:: Task goal ::
Using the listing below, set down exactly the lines starting at the line that contains "oid_sys_name = 1" and ending at the line that contains "abbrev pub initial_name : List ℕ", both included, and no others.

:: Data to process ::
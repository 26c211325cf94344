-- ===== src/Hal/Mock.antt =====
-- firmware/components/device_hal/sensor_mock.c, with CONFIG_WESPE_SENSOR_VOLATILE_ROWS as `volatile`.
use wespe.Prelude.{
  ℕ, ◌-◌, ◌/◌, ◌%◌, Bool, ◌||◌, Option, none, some, List, [], ◌∷◌, ltb, if◌then◌else◌, get_or,
}
use wespe.Hal.Interfaces.{Sensor}
use wespe.Hal.Board.{Board}

abbrev pub mock_sensor_count : ℕ
mock_sensor_count = 3

abbrev pub mock_decidegrees : List ℕ
mock_decidegrees = 235 ∷ 198 ∷ 271 ∷ []

-- One step of the pattern in ten seconds.
unfoldable pub mock_count : Bool → Board → ℕ
mock_count volatile b =
    let step = b.uptime_us / 1000000 / 10 in
    if volatile then get_or (1 ∷ 2 ∷ 3 ∷ 2 ∷ []) (step % 4) 0 else mock_sensor_count

unfoldable pub mock_read_indexed : ℕ → Board → Option ℕ
mock_read_indexed index b =
    if ltb index 1 || ltb mock_sensor_count index
    then none
    else some (get_or mock_decidegrees (index - 1) 0)

abbrev pub sensor_mock : Bool → Sensor Board
sensor_mock volatile = record {
  sensor_read_temperature = λ b. some 235;
  sensor_count = mock_count volatile;
  sensor_read_indexed = mock_read_indexed;
}
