-- ===== src/Device/System.antt =====
-- The `system` group: firmware/components/mib/mib_ii.c.
pub mod Strings
use wespe.Prelude.{
  ℕ, ◌/◌, ◌%◌, ◌^◌, Option, none, some, not, List, [], ◌∷◌, leb, ◌==◌, if◌then◌else◌, length,
  c_string,
}
use wespe.Ber.Types.{tag_integer, tag_octet_string, tag_oid, tag_timeticks}
use wespe.Mib.Types.{MibResult, Varbind, Access, Getter, Setter, Object}
use wespe.Mib.Registry.{Registry, register_module}
use wespe.Hal.Interfaces.{Hal}
use wespe.Device.Types.{Device, with_integer, with_octets}

abbrev pub wespe_str_max : ℕ
wespe_str_max = 64

abbrev pub oid_sys_descr : List ℕ
oid_sys_descr = 1 ∷ 3 ∷ 6 ∷ 1 ∷ 2 ∷ 1 ∷ 1 ∷ 1 ∷ 0 ∷ []

abbrev pub oid_sys_object_id : List ℕ
oid_sys_object_id = 1 ∷ 3 ∷ 6 ∷ 1 ∷ 2 ∷ 1 ∷ 1 ∷ 2 ∷ 0 ∷ []

abbrev pub oid_sys_uptime : List ℕ
oid_sys_uptime = 1 ∷ 3 ∷ 6 ∷ 1 ∷ 2 ∷ 1 ∷ 1 ∷ 3 ∷ 0 ∷ []

abbrev pub oid_sys_contact : List ℕ
oid_sys_contact = 1 ∷ 3 ∷ 6 ∷ 1 ∷ 2 ∷ 1 ∷ 1 ∷ 4 ∷ 0 ∷ []

abbrev pub oid_sys_name : List ℕ
oid_sys_name = 1 ∷ 3 ∷ 6 ∷ 1 ∷ 2 ∷ 1 ∷ 1 ∷ 5 ∷ 0 ∷ []

abbrev pub oid_sys_location : List ℕ
oid_sys_location = 1 ∷ 3 ∷ 6 ∷ 1 ∷ 2 ∷ 1 ∷ 1 ∷ 6 ∷ 0 ∷ []

abbrev pub oid_sys_services : List ℕ
oid_sys_services = 1 ∷ 3 ∷ 6 ∷ 1 ∷ 2 ∷ 1 ∷ 1 ∷ 7 ∷ 0 ∷ []

abbrev pub wespe_sys_object_id : List ℕ
wespe_sys_object_id = 1 ∷ 3 ∷ 6 ∷ 1 ∷ 4 ∷ 1 ∷ 99999 ∷ 1 ∷ 1 ∷ []

-- "Wespe ESP32-S3 SNMP Agent"
abbrev pub descr_text : List ℕ
descr_text =
    87 ∷ 101 ∷ 115 ∷ 112 ∷ 101 ∷ 32 ∷ 69 ∷ 83 ∷ 80 ∷ 51 ∷ 50 ∷ 45 ∷ 83 ∷ 51 ∷ 32 ∷ 83 ∷ 78 ∷ 77 ∷ 80
    ∷ 32 ∷ 65 ∷ 103 ∷ 101 ∷ 110 ∷ 116 ∷ []

-- "wespe-esp32s3"
abbrev pub initial_name : List ℕ
initial_name = 119 ∷ 101 ∷ 115 ∷ 112 ∷ 101 ∷ 45 ∷ 101 ∷ 115 ∷ 112 ∷ 51 ∷ 50 ∷ 115 ∷ 51 ∷ []

-- set_string_field: the result, and what is in the field after it.
unfoldable pub set_string_field : ℕ → Varbind → List ℕ → MibResult × List ℕ
set_string_field field_cap vb field =
    if not (vb.value_tag == tag_octet_string)
    then (MibResult.wrong_type, field)
    else if leb field_cap (length vb.octets)
    then (MibResult.wrong_value, field)
    else (MibResult.ok, vb.octets)

module _ {H : Type 0} where
  unfoldable pub get_sys_descr : Getter (Device H)
  get_sys_descr d vb = (MibResult.ok, with_octets descr_text vb, d)

  unfoldable pub get_sys_object_id : Getter (Device H)
  get_sys_object_id d vb =
      (MibResult.ok, record vb { value_tag = tag_oid; oid_value = wespe_sys_object_id }, d)

  unfoldable pub get_sys_contact : Getter (Device H)
  get_sys_contact d vb = (MibResult.ok, with_octets (c_string d.sys_contact) vb, d)

  unfoldable pub set_sys_contact : Setter (Device H)
  unfolding set_string_field
  set_sys_contact d vb =
      let (res, field) = set_string_field wespe_str_max vb d.sys_contact in
      (res, record d { sys_contact = field })

  unfoldable pub get_sys_name : Getter (Device H)
  get_sys_name d vb = (MibResult.ok, with_octets (c_string d.sys_name) vb, d)

  unfoldable pub set_sys_name : Setter (Device H)
  unfolding set_string_field
  set_sys_name d vb =
      let (res, field) = set_string_field wespe_str_max vb d.sys_name in
      (res, record d { sys_name = field })

  unfoldable pub get_sys_location : Getter (Device H)
  get_sys_location d vb = (MibResult.ok, with_octets (c_string d.sys_location) vb, d)

  unfoldable pub set_sys_location : Setter (Device H)
  unfolding set_string_field
  set_sys_location d vb =
      let (res, field) = set_string_field wespe_str_max vb d.sys_location in
      (res, record d { sys_location = field })

  unfoldable pub get_sys_services : Getter (Device H)
  get_sys_services d vb = (MibResult.ok, with_integer 64 vb, d)

module _ {H : Type 0} (hal : Hal H) where
  unfoldable pub get_sys_uptime : Getter (Device H)
  get_sys_uptime d vb =
      let hundredths = hal.uptime_ms d.hardware / 10 in
      (MibResult.ok, record vb { value_tag = tag_timeticks; int_value = hundredths % 2 ^ 32 }, d)

  abbrev pub mib_ii_objects : List (Object (Device H))
  mib_ii_objects =
      record {
        oid = oid_sys_descr;
        value_tag = tag_octet_string;
        access = Access.ro;
        getter = get_sys_descr;
        setter = none;
      }
      ∷ record {
        oid = oid_sys_object_id;
        value_tag = tag_oid;
        access = Access.ro;
        getter = get_sys_object_id;
        setter = none;
      }
      ∷ record {
        oid = oid_sys_uptime;
        value_tag = tag_timeticks;
        access = Access.ro;
        getter = get_sys_uptime;
        setter = none;
      }
      ∷ record {
        oid = oid_sys_contact;
        value_tag = tag_octet_string;
        access = Access.rw;
        getter = get_sys_contact;
        setter = some set_sys_contact;
      }
      ∷ record {
        oid = oid_sys_name;
        value_tag = tag_octet_string;
        access = Access.rw;
        getter = get_sys_name;
        setter = some set_sys_name;
      }
      ∷ record {
        oid = oid_sys_location;
        value_tag = tag_octet_string;
        access = Access.rw;
        getter = get_sys_location;
        setter = some set_sys_location;
      }
      ∷ record {
        oid = oid_sys_services;
        value_tag = tag_integer;
        access = Access.ro;
        getter = get_sys_services;
        setter = none;
      }
      ∷ []

  unfoldable pub mib_ii_register : Registry (Device H) → Registry (Device H)
  mib_ii_register reg = (register_module mib_ii_objects reg).0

:: Response ::
oid_sys_name = 1 ∷ 3 ∷ 6 ∷ 1 ∷ 2 ∷ 1 ∷ 1 ∷ 5 ∷ 0 ∷ []

abbrev pub oid_sys_location : List ℕ
oid_sys_location = 1 ∷ 3 ∷ 6 ∷ 1 ∷ 2 ∷ 1 ∷ 1 ∷ 6 ∷ 0 ∷ []

abbrev pub oid_sys_services : List ℕ
oid_sys_services = 1 ∷ 3 ∷ 6 ∷ 1 ∷ 2 ∷ 1 ∷ 1 ∷ 7 ∷ 0 ∷ []

abbrev pub wespe_sys_object_id : List ℕ
wespe_sys_object_id = 1 ∷ 3 ∷ 6 ∷ 1 ∷ 4 ∷ 1 ∷ 99999 ∷ 1 ∷ 1 ∷ []

-- "Wespe ESP32-S3 SNMP Agent"
abbrev pub descr_text : List ℕ
descr_text =
    87 ∷ 101 ∷ 115 ∷ 112 ∷ 101 ∷ 32 ∷ 69 ∷ 83 ∷ 80 ∷ 51 ∷ 50 ∷ 45 ∷ 83 ∷ 51 ∷ 32 ∷ 83 ∷ 78 ∷ 77 ∷ 80
    ∷ 32 ∷ 65 ∷ 103 ∷ 101 ∷ 110 ∷ 116 ∷ []

-- "wespe-esp32s3"
abbrev pub initial_name : List ℕ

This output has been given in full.